Cumhurbaşkanı kararnamelerinin mahfuz yetki alanı tartışmasını da bu bağlamda değerlendirebiliriz. Anayasa bir yandan geçmişten gelen "İdare, kuruluş ve görevleriyle bir bütündür ve kanunla düzenlenir" hükmünü korumakta diğer yandan 2017 değişikliği sonrası idare organı içindeki bazı alanlarda Cumhurbaşkanına düzenleme yapma yetkisi tanımaktadır. Anayasada tek tek sayılan aşağıdaki dört halde yürütme erkinin mahfuz (yani TBMM'nin kanun çıkaramayacağı) bir düzenleme alanına sahip olmadığı Anayasa tarafından açıkça öngörülmemiştir;
- Üst kademe kamu yöneticilerinin atanmasına ilişkin usul ve esaslarının belirlenmesi,
- Bakanlıkların kurulması, kaldırılması, görevleri ve yetkileri, teşkilat yapısı ile merkez ve taşra teşkilatlarının kurulması,
- Devlet Denetleme Kurulunun işleyişi, üyelerinin görev süresi ve diğer özlük işlerinin düzenlenmesi,
- Milli Güvenlik Kurulu Genel Sekreterliğinin teşkilatı ve görevlerinin düzenlenmesi.

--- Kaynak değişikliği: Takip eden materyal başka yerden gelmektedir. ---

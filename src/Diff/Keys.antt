-- ===== src/Diff/Keys.antt =====
-- doover/src/utils/diff.rs: no operation repeats a key of an object.
use doover_rs.Base.{String, Bool, true, false, unwrap_or, if◌then◌else◌, Option-cases, inl, inr}
use doover_rs.Json.{Value, Map, null, object, end, entry, get, insert, remove}
use doover_rs.Json.Keys.{
  IsUnique, IsUniqueMap, get-IsUnique, insert-IsUniqueMap, remove-IsUniqueMap,
}
use doover_rs.Diff.{apply_entries, apply_diff, merge_into}

module _ {N : Type 0} where
  current-IsUnique :
      (k : String) (m : Map N) → IsUniqueMap m → IsUnique (unwrap_or (get k m) (object end))
  current-IsUnique k m u = elim (Option-cases (get k m)) [
    | inl gone ↦ rw gone tt
    | inr (v, found) ↦ rw found (get-IsUnique k m u found)
  ]

  merged-IsUnique :
      (f : Map N → Map N) (gs : Map N) (v : Value N)
      → ((m : Map N) → IsUniqueMap m → IsUniqueMap (f m))
      → IsUniqueMap gs
      → IsUnique v
      → IsUnique (merge_into f gs v)
  merged-IsUnique f gs (object m) keep ug u = keep m u
  merged-IsUnique f gs null keep ug u = ug
  merged-IsUnique f gs _ keep ug u = ug

  removed_or_null :
      (d : Bool) (k : String) (m : Map N)
      → IsUniqueMap m
      → IsUniqueMap (if d then remove k m else insert k null m)
  removed_or_null true k m u = remove-IsUniqueMap k m u
  removed_or_null false k m u = insert-IsUniqueMap k null m tt u

  pub apply_entries-IsUniqueMap :
      (fs : Map N) (d : Bool) (m : Map N)
      → IsUniqueMap m
      → IsUniqueMap fs
      → IsUniqueMap (apply_entries m fs d)
  unfolding apply_entries
  apply_entries-IsUniqueMap end d m u uf = u
  apply_entries-IsUniqueMap (entry k (object gs) fs) d m u uf =
      apply_entries-IsUniqueMap fs d
        (insert k (merge_into (λ c. apply_entries c gs d) gs (unwrap_or (get k m) (object end))) m)
        (insert-IsUniqueMap k _ m
          (merged-IsUnique (λ c. apply_entries c gs d) gs (unwrap_or (get k m) (object end))
            (λ c uc. apply_entries-IsUniqueMap gs d c uc uf.1) uf.1 (current-IsUnique k m u))
          u)
        uf.2
  apply_entries-IsUniqueMap (entry k null fs) d m u uf =
      apply_entries-IsUniqueMap fs d (if d then remove k m else insert k null m)
        (removed_or_null d k m u) uf.2
  apply_entries-IsUniqueMap (entry k v fs) d m u uf =
      apply_entries-IsUniqueMap fs d (insert k v m) (insert-IsUniqueMap k v m uf.1 u) uf.2

  -- Merging keeps that no key occurs twice, at any depth.
  pub apply_diff-IsUnique :
      (old diff : Value N) (d : Bool)
      → IsUnique old
      → IsUnique diff
      → IsUnique (apply_diff old diff d)
  unfolding apply_diff
  apply_diff-IsUnique old (object fs) d u uf =
      merged-IsUnique (λ c. apply_entries c fs d) fs old
        (λ c uc. apply_entries-IsUniqueMap fs d c uc uf) uf u
  apply_diff-IsUnique old diff d u uf = uf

Anayasa Mahkemesi'nin de bu belirsizliği giderecek bir içtihadı henüz ortaya koymaması, gelecekte olası bir bölünmüş hükümet senaryosunda Türkiye'nin bir siyasi kriz yaşaması ihtimalini gündeme getirebilecektir. Zira yasama ve yürütme organlarına farklı siyasi eğilimlerin hakim olduğu ve cumhurbaşkanlığı kararnamelerinin mahfuz yetki alanının kabul edilmediği bir düzlemde cumhurbaşkanı, parlamento çoğunluğunun onayı olmadan hükümet programını hayata geçiremeyecektir. Bunun erkler arasında dengeyi bozması ve siyasi istikrara zarar vermesi kuvvetle muhtemeldir.
Anayasa'daki çelişki veya belirsizlikleri daha da genişletmek mümkündür. Örneğin yeni hükümet sistemiyle müsteşarlık kaldırılmasına rağmen Anayasanın 159. maddesinde Hakim ve Savcılar Kurulunun tabi üyesi olarak Adalet Bakanlığı müsteşarı zikredilmektedir. Yine cumhurbaşkanının cezai sorumluluğuna ilişkin 105 ve 146. maddeler arasında da giderilmesi gereken çelişkiler mevcut.
Bu ve benzeri anayasal sorunlara kesin çözümün yolu ise bugünün ihtiyaçlarına cevap oluşturabilecek, istikrarlı ve çoğulcu demokrasiyi tahkim edecek, hukuk devletini ve hukuki öngörülebilirliği güçlendirecek yeni bir anayasa yapmaktan geçmektedir.
[1] Guy Carcassonne, La Constitution, s.36'dan aktaran Ömer Anayurt, Anayasa Hukuku Genel Kısım, 2020, s. 35
[Sabah, 18 Kasım 2023]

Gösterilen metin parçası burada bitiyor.